_Task directions_
Take the data that follows and retype it word for word.

....

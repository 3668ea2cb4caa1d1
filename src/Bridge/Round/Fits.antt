-- ===== src/Bridge/Round/Fits.antt =====
-- The end of a round keeps the length of the received chunks.
use dropout.Prelude.{ℕ}
use dropout.Prelude.Exec.{Exec, modify, ◌>>◌}
use dropout.Prelude.Exec.Keeps.{Keeps, Keeps-continue, keeps_rules}
use dropout.Bytes.{Bytes}
use dropout.Platform.{Platform}
use dropout.Bridge.Aggregate.{finalize_aggregation}
use dropout.Bridge.State.{Session, unmasking}
use dropout.Bridge.Aggregate.Average.{finalize_aggregation-clients}
use dropout.Bridge.Keys.Fits.{
  SessionFits, Keeps-set_client, Keeps-client_at, Keeps-send, Keeps-stage,
  setup_keys_and_masks-fits,
}
use dropout.Bridge.Round.{
  recover_client, trigger_recovery, aggregate, send_result, send_results, publish,
  unmask_and_aggregate, notify_failure, handle_round_failure, check_round_completion,
}

module _ (platform : Platform) {cs : ℕ} where
  recover_client-fits : (k : ℕ) → Keeps (SessionFits cs) (recover_client platform k)
  unfolding recover_client
  recover_client-fits k = search (keeps_rules, Keeps-client_at, Keeps-set_client) depth 12

  pub trigger_recovery-fits : Keeps (SessionFits cs) (trigger_recovery platform)
  unfolding trigger_recovery
  trigger_recovery-fits = search (keeps_rules, recover_client-fits)

  aggregate-fits : Keeps (SessionFits cs) (aggregate platform)
  unfolding aggregate
  aggregate-fits = record {
    at = λ s h.
        Keeps-continue (SessionFits cs) (finalize_aggregation s.round)
          (λ round' t. modify (λ u. record u { round = round' }) t) s h
          (λ round' e.
            let (same_size, same) = finalize_aggregation-clients s.round round' e in
            (rw same_size h.0, rw same h.1));
  }

  send_result-fits :
      (bytes : Bytes) (writer k : ℕ) → Keeps (SessionFits cs) (send_result platform bytes writer k)
  unfolding send_result
  send_result-fits bytes writer k = search (keeps_rules, Keeps-send) depth 12

  send_results-fits :
      (bytes : Bytes) (entry : ℕ × ℕ) → Keeps (SessionFits cs) (send_results platform bytes entry)
  unfolding send_results
  send_results-fits bytes entry = search (keeps_rules, send_result-fits) depth 12

  pub publish-fits : Keeps (SessionFits cs) (publish platform)
  unfolding publish
  publish-fits = search (keeps_rules, send_results-fits) depth 12

  pub unmask_and_aggregate-fits : Keeps (SessionFits cs) (unmask_and_aggregate platform)
  unfolding unmask_and_aggregate
  unmask_and_aggregate-fits =
      search
        (
          keeps_rules, setup_keys_and_masks-fits, trigger_recovery-fits, aggregate-fits,
          publish-fits,
        )
        depth 14

  notify_failure-fits : (entry : ℕ × ℕ) → Keeps (SessionFits cs) (notify_failure platform entry)
  unfolding notify_failure
  notify_failure-fits entry = search keeps_rules

  handle_round_failure-fits : Keeps (SessionFits cs) (handle_round_failure platform)
  unfolding handle_round_failure
  handle_round_failure-fits = search (keeps_rules, notify_failure-fits)

  module _ (unmask : Exec Session Unit) (keeps : Keeps (SessionFits cs) unmask) where
    unmask-fits :
        Keeps
          (SessionFits cs)
          (modify (λ s. record s { round = record s.round { stage = unmasking } }) >> unmask)
    unmask-fits = record { at = λ s h. keeps.at _ h }

    -- `_check_round_completion` keeps the length of the received chunks.
    pub check_round_completion-fits :
        Keeps (SessionFits cs) (check_round_completion platform unmask)
    unfolding check_round_completion
    check_round_completion-fits =
        search (keeps_rules, Keeps-stage, unmask-fits, handle_round_failure-fits) depth 12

....

_Exercise solution_
repository 3668ea2cb4caa1d1
filename src/Bridge/Round/Fits.antt
-- ===== src/Bridge/Round/Fits.antt =====
-- The end of a round keeps the length of the received chunks.
use dropout.Prelude.{ℕ}
use dropout.Prelude.Exec.{Exec, modify, ◌>>◌}
use dropout.Prelude.Exec.Keeps.{Keeps, Keeps-continue, keeps_rules}
use dropout.Bytes.{Bytes}
use dropout.Platform.{Platform}
use dropout.Bridge.Aggregate.{finalize_aggregation}
use dropout.Bridge.State.{Session, unmasking}
use dropout.Bridge.Aggregate.Average.{finalize_aggregation-clients}
use dropout.Bridge.Keys.Fits.{
  SessionFits, Keeps-set_client, Keeps-client_at, Keeps-send, Keeps-stage,
  setup_keys_and_masks-fits,
}
use dropout.Bridge.Round.{
  recover_client, trigger_recovery, aggregate, send_result, send_results, publish,
  unmask_and_aggregate, notify_failure, handle_round_failure, check_round_completion,
}

module _ (platform : Platform) {cs : ℕ} where
  recover_client-fits : (k : ℕ) → Keeps (SessionFits cs) (recover_client platform k)
  unfolding recover_client
  recover_client-fits k = search (keeps_rules, Keeps-client_at, Keeps-set_client) depth 12

  pub trigger_recovery-fits : Keeps (SessionFits cs) (trigger_recovery platform)
  unfolding trigger_recovery
  trigger_recovery-fits = search (keeps_rules, recover_client-fits)

  aggregate-fits : Keeps (SessionFits cs) (aggregate platform)
  unfolding aggregate
  aggregate-fits = record {
    at = λ s h.
        Keeps-continue (SessionFits cs) (finalize_aggregation s.round)
          (λ round' t. modify (λ u. record u { round = round' }) t) s h
          (λ round' e.
            let (same_size, same) = finalize_aggregation-clients s.round round' e in
            (rw same_size h.0, rw same h.1));
  }

  send_result-fits :
      (bytes : Bytes) (writer k : ℕ) → Keeps (SessionFits cs) (send_result platform bytes writer k)
  unfolding send_result
  send_result-fits bytes writer k = search (keeps_rules, Keeps-send) depth 12

  send_results-fits :
      (bytes : Bytes) (entry : ℕ × ℕ) → Keeps (SessionFits cs) (send_results platform bytes entry)
  unfolding send_results
  send_results-fits bytes entry = search (keeps_rules, send_result-fits) depth 12

  pub publish-fits : Keeps (SessionFits cs) (publish platform)
  unfolding publish
  publish-fits = search (keeps_rules, send_results-fits) depth 12

  pub unmask_and_aggregate-fits : Keeps (SessionFits cs) (unmask_and_aggregate platform)
  unfolding unmask_and_aggregate
  unmask_and_aggregate-fits =
      search
        (
          keeps_rules, setup_keys_and_masks-fits, trigger_recovery-fits, aggregate-fits,
          publish-fits,
        )
        depth 14

  notify_failure-fits : (entry : ℕ × ℕ) → Keeps (SessionFits cs) (notify_failure platform entry)
  unfolding notify_failure
  notify_failure-fits entry = search keeps_rules

  handle_round_failure-fits : Keeps (SessionFits cs) (handle_round_failure platform)
  unfolding handle_round_failure
  handle_round_failure-fits = search (keeps_rules, notify_failure-fits)

  module _ (unmask : Exec Session Unit) (keeps : Keeps (SessionFits cs) unmask) where
    unmask-fits :
        Keeps
          (SessionFits cs)
          (modify (λ s. record s { round = record s.round { stage = unmasking } }) >> unmask)
    unmask-fits = record { at = λ s h. keeps.at _ h }

    -- `_check_round_completion` keeps the length of the received chunks.
    pub check_round_completion-fits :
        Keeps (SessionFits cs) (check_round_completion platform unmask)
    unfolding check_round_completion
    check_round_completion-fits =
        search (keeps_rules, Keeps-stage, unmask-fits, handle_round_failure-fits) depth 12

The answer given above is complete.